第3話part15 『長畑煉次朗→大破』
犬伏:社宅 321号室 リビング(夜)
犬伏です。
私の尊い・・・友人、長畑煉次朗様の様子がおかしいんです。
「たまちゃんがどうかしたんですか」
おおっとアミリンがかぶせてきましたよ。
「いっいやその、今日のランチ会で真希ちゃんが暴走しちゃって、男子の中で好みは誰かとか聞いちゃったわけさ」
「ちょっと、まるであたしが悪いみたいじゃない!」
「いや実際悪いでしょうが。しかもすげえ唐突すぎるし、俺なんてうええって思ったさ」
「で、どんな空気になったんですか。」
あたしは下を向いたれん坊の顔を遠目から覗き込んでみた。
うう、表情が暗い。怖い。
「いや、それはまあ、ねえ。そんな大したことじゃあないんだけどねえ、ちょっとした、ハプニング的な? あはは、あははは」
あはは、もうここは笑って誤魔化そう。
誤魔化して話題を摩り替えてしまおう。
そうだ! アホネン!! 彼女を話題にしちゃおう。
「ところで、アホ」
「実は、今日帰り牧野さんと偶然会って、一緒に帰ったんだ」
・・・・・。
WHAT?
やばい。
あのときのれん坊は、確かに目が死んでた。
あしたのジョーみたいに燃え尽きてた感じもあった。
でもだからといって、空想の世界に逃げるのは良くないと思うの。
確かに辛かったし、あたしもちょっとだけ反省してるけど、まあ嘘だけど、悲しみから目を逸らしてはだめよ、れん坊。

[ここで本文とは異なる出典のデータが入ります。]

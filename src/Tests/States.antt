-- ===== src/Tests/States.antt =====
-- The states of the examples: a server, its clients and a channel.
use irc.Base.{
  ℕ, ◌≡◌, refl, ap, sym, ◌∙◌, ◌≢◌, ◌≤◌, ◌⊎◌, inl, inr, length, true, false, [], ◌∷◌, some, arith,
}
use irc.Text.{Text, codes, int_key, text_key}
use irc.Text.Casemap.{to_irc_lower_case}
use irc.Map.{lookup}
use irc.Client.{Client}
use irc.Channel.{Channel}
use irc.Channel.Invariant.{WellFormed}
use irc.Server.{Server}
use irc.Map.Laws.{has}
use irc.Command.Nick.{is_valid_nickname}
use irc.Command.User.{is_valid_username}
use irc.Policy.Invariant.Channels.{ChannelOk}
use irc.Policy.Invariant.Clients.{ClientOk}
use irc.Policy.Invariant.Nicks.{NicksUnique}
use irc.Policy.Invariant.All.{Inv}

-- A registered client.
abbrev pub user_at : ℕ → Text → Text → Client
user_at fd nickname received = record {
  fd = fd;
  ip = codes "10.0.0.1";
  recv_buffer = received;
  send_buffer = [];
  nickname = nickname;
  username = codes "user";
  pass_ok = true;
  nick_set = true;
  user_set = true;
  failed_pass_attempts = 0;
  dead = false;
  closing = false;
  dead_reason = [];
}

abbrev pub two_lines : Text
two_lines = codes "PING :a\r\nPRIVMSG bob :hi\r\n"

abbrev pub alice : Client
alice = user_at 4 (codes "alice") two_lines

abbrev pub bob : Client
bob = user_at 5 (codes "bob") []

-- Alice is the operator, Bob a member.
abbrev pub lobby : Channel
lobby = record {
  name = codes "#lobby";
  topic = [];
  password = [];
  is_invite_only = false;
  topic_restricted = true;
  user_limit = 0;
  members = 4 ∷ 5 ∷ [];
  operators = 4 ∷ [];
  invited_clients = [];
}

abbrev pub empty_server : Server
empty_server = record {
  port = 6667;
  password = codes "secret";
  listen_fd = 3;
  poll_fds = record { fd = 3; poll_in = true; poll_out = false } ∷ [];
  clients = [];
  channels = [];
}

abbrev pub party : Server
party = record empty_server {
  clients = (4, alice) ∷ (5, bob) ∷ [];
  channels = (codes "#lobby", lobby) ∷ [];
}

user_at-ClientOk :
    (fd : ℕ) (nickname received : Text)
    → length received ≤ 8192
    → is_valid_nickname nickname ≡ true
    → ClientOk fd (user_at fd nickname received)
unfolding is_valid_username
user_at-ClientOk fd nickname received l v = record {
  own_fd = refl;
  send_bounded = ground arith;
  recv_bounded = l;
  nick_valid = λ h. v;
  nick_unset = λ h. ground arith;
  user_valid = λ h. refl;
}

pub lobby-WellFormed : WellFormed lobby
lobby-WellFormed = record {
  members_distinct = ground arith;
  operators_distinct = ground arith;
  invited_distinct = tt;
  operators_members = λ x h. ground arith;
}

lobby-ChannelOk : ChannelOk party.clients lobby
unfolding has lookup
lobby-ChannelOk = record {
  well_formed = lobby-WellFormed;
  members_known = λ x e. ground arith;
  invited_known = λ x e. ground arith;
}

party_client :
    (x : ℕ) {c : Client}
    → lookup x party.clients ≡ some c
    → ((x ≡ 4) × (c ≡ alice)) ⊎ ((x ≡ 5) × (c ≡ bob))
unfolding lookup
party_client x {c} e = ground arith

other_nicks : to_irc_lower_case alice.nickname ≢ to_irc_lower_case bob.nickname
unfolding to_irc_lower_case
other_nicks e = ground arith

nick_of : {c d : Client} → c ≡ d → to_irc_lower_case c.nickname ≡ to_irc_lower_case d.nickname
nick_of e = ap (λ (b : Client). to_irc_lower_case b.nickname) e

party-NicksUnique : NicksUnique party.clients
party-NicksUnique x y c d lx ly ax ay ne e = elim (party_client x {c = c} lx) [
  | inl (a, p) ↦ elim (party_client y {c = d} ly) [
    | inl (b, _) ↦ a ∙ sym b
    | inr (_, q) ↦ absurd (other_nicks (sym (nick_of p) ∙ e ∙ nick_of q))
  ]
  | inr (a, p) ↦ elim (party_client y {c = d} ly) [
    | inl (_, q) ↦ absurd (other_nicks (sym (nick_of q) ∙ sym e ∙ nick_of p))
    | inr (b, _) ↦ a ∙ sym b
  ]
]

pub empty_server-Inv : Inv empty_server
unfolding lookup
empty_server-Inv = record {
  named = tt;
  channels_ok = tt;
  clients_ok = tt;
  nicks_ok = record { sorted = tt; unique = λ x y c d lx ly ax ay ne e. ground arith };
}

pub party-Inv : Inv party
unfolding is_valid_nickname
party-Inv = record {
  named = (refl, tt);
  channels_ok = (lobby-ChannelOk, tt);
  clients_ok = (
    user_at-ClientOk 4 (codes "alice") two_lines (ground arith) refl,
    (user_at-ClientOk 5 (codes "bob") [] (ground arith) refl, tt),
  );
  nicks_ok = record { sorted = ground arith; unique = party-NicksUnique };
}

「へえ。・・・そっそうなんだ。そいつは・・・すげぇや」
ほら、いつも気の利いた返しをしてくれる東矢君も、
ちょっと引いてるじゃない。
どうしよう、あたしは何を言ったらいいのか。
黙って長畑君の作り話に付き合ってあげるべきなのかしら。
いや、そうね。ここは長畑君の話に合わせてあげるべきよ。
そうすれば、きっと彼の心のキズも少しは癒えるはず。
あたしは東矢君とルリに視線を送った。
二人ともわかってるよっていう顔をしてくれた。
よし、いくぞ、犬伏真希。
「でっ・・で、どこで、どうして一緒になったのかなあ? 真希ちゃん気になるな~~! 気になる気になる~~」
「ある日、品川で、牧野さんに出会った」
そんな、森のくまさんみたく言わないで・・・!
笑えばいいのか、泣けばいいのか、どんな顔すればいいのかわからなくなっちゃうじゃない。
ほら、東矢君、なんとか、なんとか上手く話を広げてあげて。あたしには無理なの。もう無理なの・・・。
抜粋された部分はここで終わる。